For thin plates, the occurrence rate of sliver wrinkles on the plate surface (= total sliver wrinkles / coil length x 100,%).
Thick plate is UST defect generation rate or separation generation rate on product plate (= number of defective plates / total number of inspection plates × 100,%). The occurrence of separation was confirmed by observation of the fracture surface after the Charpy test.
In addition, in the thick plate material defect occurrence rate of Table 2, it was described as (UST) when the defect was a UST defect, and (SPR) when it was a separation defect.
For steel pipes, UST defect rate at oil well pipe welds (= number of defect-generated pipes / total number of inspection pipes x 100,%).
* 6: V-notch Charpy impact test value in the rolling direction at −20 ° C. Average value of 5 test pieces.
* 7: Thickness direction drawing value of the product plate at room temperature (= cross-sectional area of the fractured portion after the tensile test / cross-sectional area of the test piece before the test × 100,%).
[0034]
[Table 1]

[0035]
[Table 2]

[0036]
[Table 3]

[0037]
[Table 4]

[0038]
【The invention's effect】
As is clear from the above description, according to the present invention, the low melting point oxides of FeO and FeO.Al ₂ O ₃ existing as binders between the alumina particles of the clusters are reduced with Mg, and in the molten steel and on the surface of the Ar bubbles.
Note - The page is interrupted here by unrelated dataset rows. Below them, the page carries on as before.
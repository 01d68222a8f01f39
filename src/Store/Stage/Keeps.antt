-- ===== src/Store/Stage/Keeps.antt =====
-- The staging functions of lib/semindex_index_db/index_db_writer.c touch only the temporary tables.
use semindex.Base.{ℕ, ◌+◌, Bool, Option, none, some, List, [], ◌∷◌, Text}
use semindex.Repository.{Host}
use semindex.Store.Index.{Symbol, Use, Parameter, FunctionSignature, FileFingerprint, Index}
use semindex.Store.Session.Laws.{OnlyStaging, staging_rules}
use semindex.Store.Stage.{
  StoredPaths, StagingCounts, stage_record, stage_symbol_type, stage_function_type,
  stage_symbol_properties,
}
use semindex.Store.Stage.Records.{
  stage_type_of, stage_properties_of, stage_new_symbol, stage_symbol, stage_symbols, stage_use,
  stage_uses, stage_parameters, stage_signature, stage_signatures, stage_records,
}
use semindex.Store.Stage.Files.{give, insert_file, insert_files, insert_main, stage_files}

stage_record-OnlyStaging : (r : _) → OnlyStaging (stage_record r)
unfolding stage_record
stage_record-OnlyStaging r = search staging_rules

stage_symbol_type-OnlyStaging : (r : _) → OnlyStaging (stage_symbol_type r)
unfolding stage_symbol_type
stage_symbol_type-OnlyStaging r = search staging_rules

stage_function_type-OnlyStaging : (r : _) → OnlyStaging (stage_function_type r)
unfolding stage_function_type
stage_function_type-OnlyStaging r = search staging_rules

stage_symbol_properties-OnlyStaging : (r : _) → OnlyStaging (stage_symbol_properties r)
unfolding stage_symbol_properties
stage_symbol_properties-OnlyStaging r = search staging_rules

ruleset row_rules = (
  staging_rules, stage_record-OnlyStaging, stage_symbol_type-OnlyStaging,
  stage_function_type-OnlyStaging, stage_symbol_properties-OnlyStaging,
)

module _ (paths : StoredPaths) (include_local : Bool) (cached : List Bool) where
  type_of-OnlyStaging :
      (s : Symbol) (counts : StagingCounts)
      → OnlyStaging (stage_type_of paths include_local cached s counts)
  unfolding stage_type_of
  type_of-OnlyStaging s counts = search row_rules

  properties_of-OnlyStaging :
      (s : Symbol) (counts : StagingCounts)
      → OnlyStaging (stage_properties_of paths include_local cached s counts)
  unfolding stage_properties_of
  properties_of-OnlyStaging s counts = search row_rules

  ruleset symbol_rules = (row_rules, type_of-OnlyStaging, properties_of-OnlyStaging)

  new_symbol-OnlyStaging :
      (s : Symbol) (counts : StagingCounts)
      → OnlyStaging (stage_new_symbol paths include_local cached s counts)
  unfolding stage_new_symbol
  new_symbol-OnlyStaging s counts = search symbol_rules

  symbol-OnlyStaging :
      (s : Symbol) (counts : StagingCounts)
      → OnlyStaging (stage_symbol paths include_local cached s counts)
  unfolding stage_symbol
  symbol-OnlyStaging s counts = search (row_rules, new_symbol-OnlyStaging)

  symbols-OnlyStaging :
      (l : List Symbol) (counts : StagingCounts)
      → OnlyStaging (stage_symbols paths include_local cached l counts)
  unfolding stage_symbols
  symbols-OnlyStaging [] counts = search staging_rules
  symbols-OnlyStaging (s ∷ rest) counts =
      search (staging_rules, symbol-OnlyStaging, symbols-OnlyStaging rest)

  use-OnlyStaging :
      (u : Use) (counts : StagingCounts)
      → OnlyStaging (stage_use paths include_local cached u counts)
  unfolding stage_use
  use-OnlyStaging u counts = search row_rules

  uses-OnlyStaging :
      (l : List Use) (counts : StagingCounts)
      → OnlyStaging (stage_uses paths include_local cached l counts)
  unfolding stage_uses
  uses-OnlyStaging [] counts = search staging_rules
  uses-OnlyStaging (u ∷ rest) counts =
      search (staging_rules, use-OnlyStaging, uses-OnlyStaging rest)

  parameters-OnlyStaging :
      (f : FunctionSignature) (position : ℕ) (l : List Parameter) (counts : StagingCounts)
      → OnlyStaging (stage_parameters paths include_local cached f position l counts)
  unfolding stage_parameters
  parameters-OnlyStaging f position [] counts = search staging_rules
  parameters-OnlyStaging f position (p ∷ rest) counts =
      search (row_rules, λ (n : ℕ) (c : StagingCounts). parameters-OnlyStaging f n rest c)

  signature-OnlyStaging :
      (f : FunctionSignature) (counts : StagingCounts)
      → OnlyStaging (stage_signature paths include_local cached f counts)
  unfolding stage_signature
  signature-OnlyStaging f counts = search (row_rules, parameters-OnlyStaging)

  signatures-OnlyStaging :
      (l : List FunctionSignature) (counts : StagingCounts)
      → OnlyStaging (stage_signatures paths include_local cached l counts)
  unfolding stage_signatures
  signatures-OnlyStaging [] counts = search staging_rules
  signatures-OnlyStaging (f ∷ rest) counts =
      search (staging_rules, signature-OnlyStaging, signatures-OnlyStaging rest)

  pub stage_records-OnlyStaging :
      (s : Index) → OnlyStaging (stage_records paths include_local cached s)
  unfolding stage_records
  stage_records-OnlyStaging s =
      search (staging_rules, symbols-OnlyStaging, uses-OnlyStaging, signatures-OnlyStaging) depth 12

give-OnlyStaging : {A : Type 0} (o : Option A) → OnlyStaging (give o)
give-OnlyStaging none = search staging_rules
give-OnlyStaging (some a) = search staging_rules

insert_file-OnlyStaging : (f : _) (r : _) → OnlyStaging (insert_file f r)
unfolding insert_file
insert_file-OnlyStaging f r = search staging_rules

ruleset file_rules = (staging_rules, give-OnlyStaging, insert_file-OnlyStaging)

insert_main-OnlyStaging :
    (h : Host) (main_file path : Option Text) → OnlyStaging (insert_main h main_file path)
unfolding insert_main
insert_main-OnlyStaging h none path = search staging_rules
insert_main-OnlyStaging h (some m) path = search file_rules

insert_files-OnlyStaging :
    (h : Host) (main_file : Option Text) (i : ℕ) (paths : List Text) (l : List FileFingerprint)
    (n : ℕ)
    → OnlyStaging (insert_files h main_file i paths l n)
unfolding insert_files
insert_files-OnlyStaging h m i [] l n = search staging_rules
insert_files-OnlyStaging h m i (p ∷ paths) [] n = search staging_rules
insert_files-OnlyStaging h m i (p ∷ paths) (f ∷ rest) n =
    search (file_rules, λ (k : ℕ). insert_files-OnlyStaging h m (i + 1) paths rest k)

pub stage_files-OnlyStaging :
    (h : Host) (s : Index) (paths : StoredPaths) (main_file : Option Text) (variant : Text)
    (l : Bool)
    → OnlyStaging (stage_files h s paths main_file variant l)
unfolding stage_files
stage_files-OnlyStaging h s paths main_file variant l =
    search (file_rules, insert_main-OnlyStaging, insert_files-OnlyStaging) depth 10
Aggregation and coalescence of alumina particles are suppressed. For this reason, Al deoxidation and Al-Si deoxidized steel can prevent generation of coarse alumina clusters that cause surface defects and internal defects in the final product. Therefore, the present invention contributes greatly to the development of the industry as a method for producing a steel material with few alumina clusters that eliminates the problems associated with conventional Al deoxidized steel and Al—Si deoxidized steel. Further, according to the present invention, it is possible to prevent adhesion of alumina in molten steel to the immersion nozzle in continuous casting. Accordingly, the effect of preventing the immersion nozzle from being blocked is great.
[Brief description of the drawings]
FIG. 1 shows Mg / T. It is a graph which shows the relationship between O and the maximum alumina cluster diameter.

Claims (8)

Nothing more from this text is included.